He looked at her for a few moments in silence, clearly he didn't know what to say. Then, "Vicki... I don't understand, and you don't have to explain if you don't want to, but please- hold on, OK? We all love you too much to let you go."

Choose now, Victoria.

"Vicki?"

Which way are you going to go? There are other nights....there will be more snow. Tonight you may have another chance to be beautiful forever.

"Vicki! Can you hear me?"

Do you think it will last? Better to fade with the moon in grace and serenity than die alone somewhere, dirty and unwanted. Remember Grizabella?
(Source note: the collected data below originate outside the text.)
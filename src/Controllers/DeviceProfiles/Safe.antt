-- ===== src/Controllers/DeviceProfiles/Safe.antt =====
-- The reconciler and the syncer of device profiles do not panic over the client of EdgeX.
use yurt_device_controller.Prelude.{String, ◌≡◌, arith, false, []}
use yurt_device_controller.Prelude.Safe.{Returns, panicked, Safe}
use yurt_device_controller.Api.{DeviceProfile}
use yurt_device_controller.EdgeX.Http.{HasEntries}
use yurt_device_controller.EdgeX.Names.{edgex_object_name, get_edge_device_profile_name}
use yurt_device_controller.EdgeX.ProfileClient.{EdgexDeviceProfile, profile_interface}
use yurt_device_controller.EdgeX.ProfileClient.Safe.{
  create_profile-Safe, delete_profile-Safe, get_profile-Safe, list_profiles-Safe,
}
use yurt_device_controller.Controllers.Session.{Session, patch, write_status}
use yurt_device_controller.Controllers.DeviceProfiles.Reconcile.{
  DeviceProfileReconciler, remove_profile, reconcile_delete_device_profile, adopt_profile,
  add_profile, reconcile_create_device_profile, synchronize_profile, after_profile_delete,
  reconcile_loaded, reconcile,
}
use yurt_device_controller.Controllers.DeviceProfileSyncer as Syncer

module _ {W : Type 0} (r₀ : DeviceProfileReconciler W) (cdc : EdgexDeviceProfile W) where
  abbrev pub over_edgex : DeviceProfileReconciler W
  over_edgex = record r₀ { edge_client = profile_interface cdc }

  module _ (entries : HasEntries cdc.http cdc.codec) where
    remove_profile-Safe : (name : String) → Safe (remove_profile over_edgex name)
    unfolding remove_profile patch
    remove_profile-Safe name s = grind (arith, delete_profile-Safe cdc)

    reconcile_delete-Safe : (name : String) → Safe (reconcile_delete_device_profile over_edgex name)
    unfolding reconcile_delete_device_profile patch
    reconcile_delete-Safe name s = ground (arith, remove_profile-Safe name s)

    adopt_profile-Safe : (id : String) → Safe (adopt_profile over_edgex id)
    unfolding adopt_profile write_status
    adopt_profile-Safe id s = ground arith

    add_profile-Safe : (d : DeviceProfile) → Safe (add_profile over_edgex d)
    unfolding add_profile
    add_profile-Safe d s =
        grind (arith, create_profile-Safe cdc d entries s.world, adopt_profile-Safe)

    reconcile_create-Safe : (name : String) → Safe (reconcile_create_device_profile over_edgex name)
    unfolding reconcile_create_device_profile
    reconcile_create-Safe name s =
        grind (arith, get_profile-Safe cdc name s.world, add_profile-Safe, adopt_profile-Safe)

    synchronize_profile-Safe :
        (name : String) (d : DeviceProfile) → Safe (synchronize_profile over_edgex name d)
    unfolding synchronize_profile
    synchronize_profile-Safe name d s = ground (arith, reconcile_create-Safe name s)

    loaded-Safe : (w : W) (d : DeviceProfile) → panicked (reconcile_loaded over_edgex w d).0 ≡ false
    unfolding reconcile_loaded after_profile_delete
    loaded-Safe w d =
        let s : Session W DeviceProfile = record { world = w; object = d; trace = [] } in
        let name = get_edge_device_profile_name d edgex_object_name in
        grind (arith, reconcile_delete-Safe name s, synchronize_profile-Safe)

    pub reconcile-Safe : (name : String) → Safe (reconcile over_edgex name)
    unfolding reconcile
    reconcile-Safe name w = grind (arith, loaded-Safe)

pub sync_round-Returns :
    {W : Type 0} (dps : Syncer.DeviceProfileSyncer W) (cdc : EdgexDeviceProfile W)
    → Returns (Syncer.sync_round (record dps { edge_client = profile_interface cdc }))
unfolding Syncer.sync_round Syncer.get_all_device_profiles
sync_round-Returns dps cdc w = ground (arith, list_profiles-Safe cdc w)
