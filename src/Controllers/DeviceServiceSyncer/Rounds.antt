-- ===== src/Controllers/DeviceServiceSyncer/Rounds.antt =====
-- What a round does with one device service.
use yurt_device_controller.Prelude.{String, ◌≡◌, arith, eq_iff, [], ◌∷◌, none, some, false, List}
use yurt_device_controller.Prelude.Dict.{Dict, lookup}
use yurt_device_controller.Prelude.Io.{Error, error, is_conflict}
use yurt_device_controller.Api.{DeviceService}
use yurt_device_controller.EdgeX.Dto.{EdgeXDeviceService}
use yurt_device_controller.EdgeX.Names.{GoText, edgex_object_name, get_edge_device_service_name}
use yurt_device_controller.EdgeX.Services.{to_kube_device_service}
use yurt_device_controller.Controllers.Differences.{find_differences, keyed_by_name}
use yurt_device_controller.Controllers.Differences.Laws.{
  find_differences_by_name, keyed_by_name-HasEdgeNames, new_under, gone_under, updated_under,
}
use yurt_device_controller.Controllers.DeviceServiceSyncer.{
  DeviceServiceSyncer, service_contents, create_service_content, update_service_content,
  update_device_services,
}

module _ {W : Type 0} (ds : DeviceServiceSyncer W) where
  -- The resource that is created for a device service of the edge platform has, as its name there,
  -- the name of that service, although its own name is translated and prefixed: later rounds match
  -- the two.
  pub created_service_keeps_name :
      (go : GoText) (eds : EdgeXDeviceService)
      → get_edge_device_service_name
          (create_service_content ds (to_kube_device_service go eds))
          edgex_object_name
        ≡ eds.name
  unfolding get_edge_device_service_name create_service_content to_kube_device_service
  created_service_keeps_name go eds = ground (arith, eq_iff edgex_object_name edgex_object_name)

  -- The map that `getAllDeviceServices` makes of a list.
  abbrev pub by_edge_name : List DeviceService → Dict DeviceService
  by_edge_name = keyed_by_name (service_contents ds) []

  found_by_name :
      (edge kube : List DeviceService) (k : String)
      → let (redundant_edge, redundant_kube, synced) =
          find_differences (service_contents ds) (by_edge_name edge) (by_edge_name kube) in
        (lookup k redundant_edge
          ≡ new_under (service_contents ds) (by_edge_name kube) (by_edge_name edge) k none)
        × (lookup k redundant_kube
            ≡ gone_under (service_contents ds) (by_edge_name edge) (by_edge_name kube) k none)
        × (lookup k synced
            ≡ updated_under (service_contents ds) (by_edge_name kube) (by_edge_name edge) k none)
  found_by_name edge kube k =
      let c = service_contents ds in
      let es = keyed_by_name-HasEdgeNames c edge [] tt tt in
      let ks = keyed_by_name-HasEdgeNames c kube [] tt tt in
      find_differences_by_name c (by_edge_name edge) (by_edge_name kube) k es.0 es.1 ks.0 ks.1

  -- For any two lists of services, in the maps that `getAllDeviceServices` makes of them: a name that
  -- both platforms have is neither created nor deleted, and its status gets the times and the state
  -- of administration of the edge platform, while its metadata and its specification stay.
  pub matched_service_is_updated :
      (edge kube : List DeviceService) (k : String) (ed kd : DeviceService)
      → lookup k (by_edge_name edge) ≡ some ed
      → lookup k (by_edge_name kube) ≡ some kd
      → let (redundant_edge, redundant_kube, synced) =
          find_differences (service_contents ds) (by_edge_name edge) (by_edge_name kube) in
        (lookup k redundant_edge ≡ none)
        × (lookup k redundant_kube ≡ none)
        × (lookup k synced
            ≡ some (record kd {
              status = record (kd.status) {
                last_connected = ed.status.last_connected;
                last_reported = ed.status.last_reported;
                admin_state = ed.status.admin_state;
              };
            }))
  unfolding update_service_content
  matched_service_is_updated edge kube k ed kd there here =
      ground (arith, found_by_name edge kube k)

  -- In the same maps, a service of the cluster that is not synced is not deleted, whatever the edge
  -- platform has.
  pub unsynced_service_stays :
      (edge kube : List DeviceService) (k : String) (kd : DeviceService)
      → lookup k (by_edge_name kube) ≡ some kd
      → kd.status.synced ≡ false
      → let (redundant_edge, redundant_kube, synced) =
          find_differences (service_contents ds) (by_edge_name edge) (by_edge_name kube) in
        lookup k redundant_kube ≡ none
  unsynced_service_stays edge kube k kd here unsynced = ground (arith, found_by_name edge kube k)

  -- The updates of a round never fail because of a conflict.
  update_device_services-error :
      (m : Dict DeviceService) (w : W) {e : Error}
      → (update_device_services ds m w).0 ≡ error e
      → is_conflict e ≡ false
  unfolding update_device_services
  update_device_services-error [] w h = cc
  update_device_services-error ((k, d) ∷ rest) w {e} h =
      let (r, w') = ds.client.update_status d w in
      ground (
        arith,
        update_device_services-error rest w {e = e},
        update_device_services-error rest w' {e = e},
      )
"Looky, looky Victoyria! I've got a piece of cake! Do you want some cake?" / "Don't give her that! It's not good for her! We've got to look after Victoria especially carefully now, Robin."

Do they really care about you? Any of them? Why on earth should they? You're just trouble to them. A difficulty. An inconvenience. You don't belong here. And you don't need them. Are you that weak?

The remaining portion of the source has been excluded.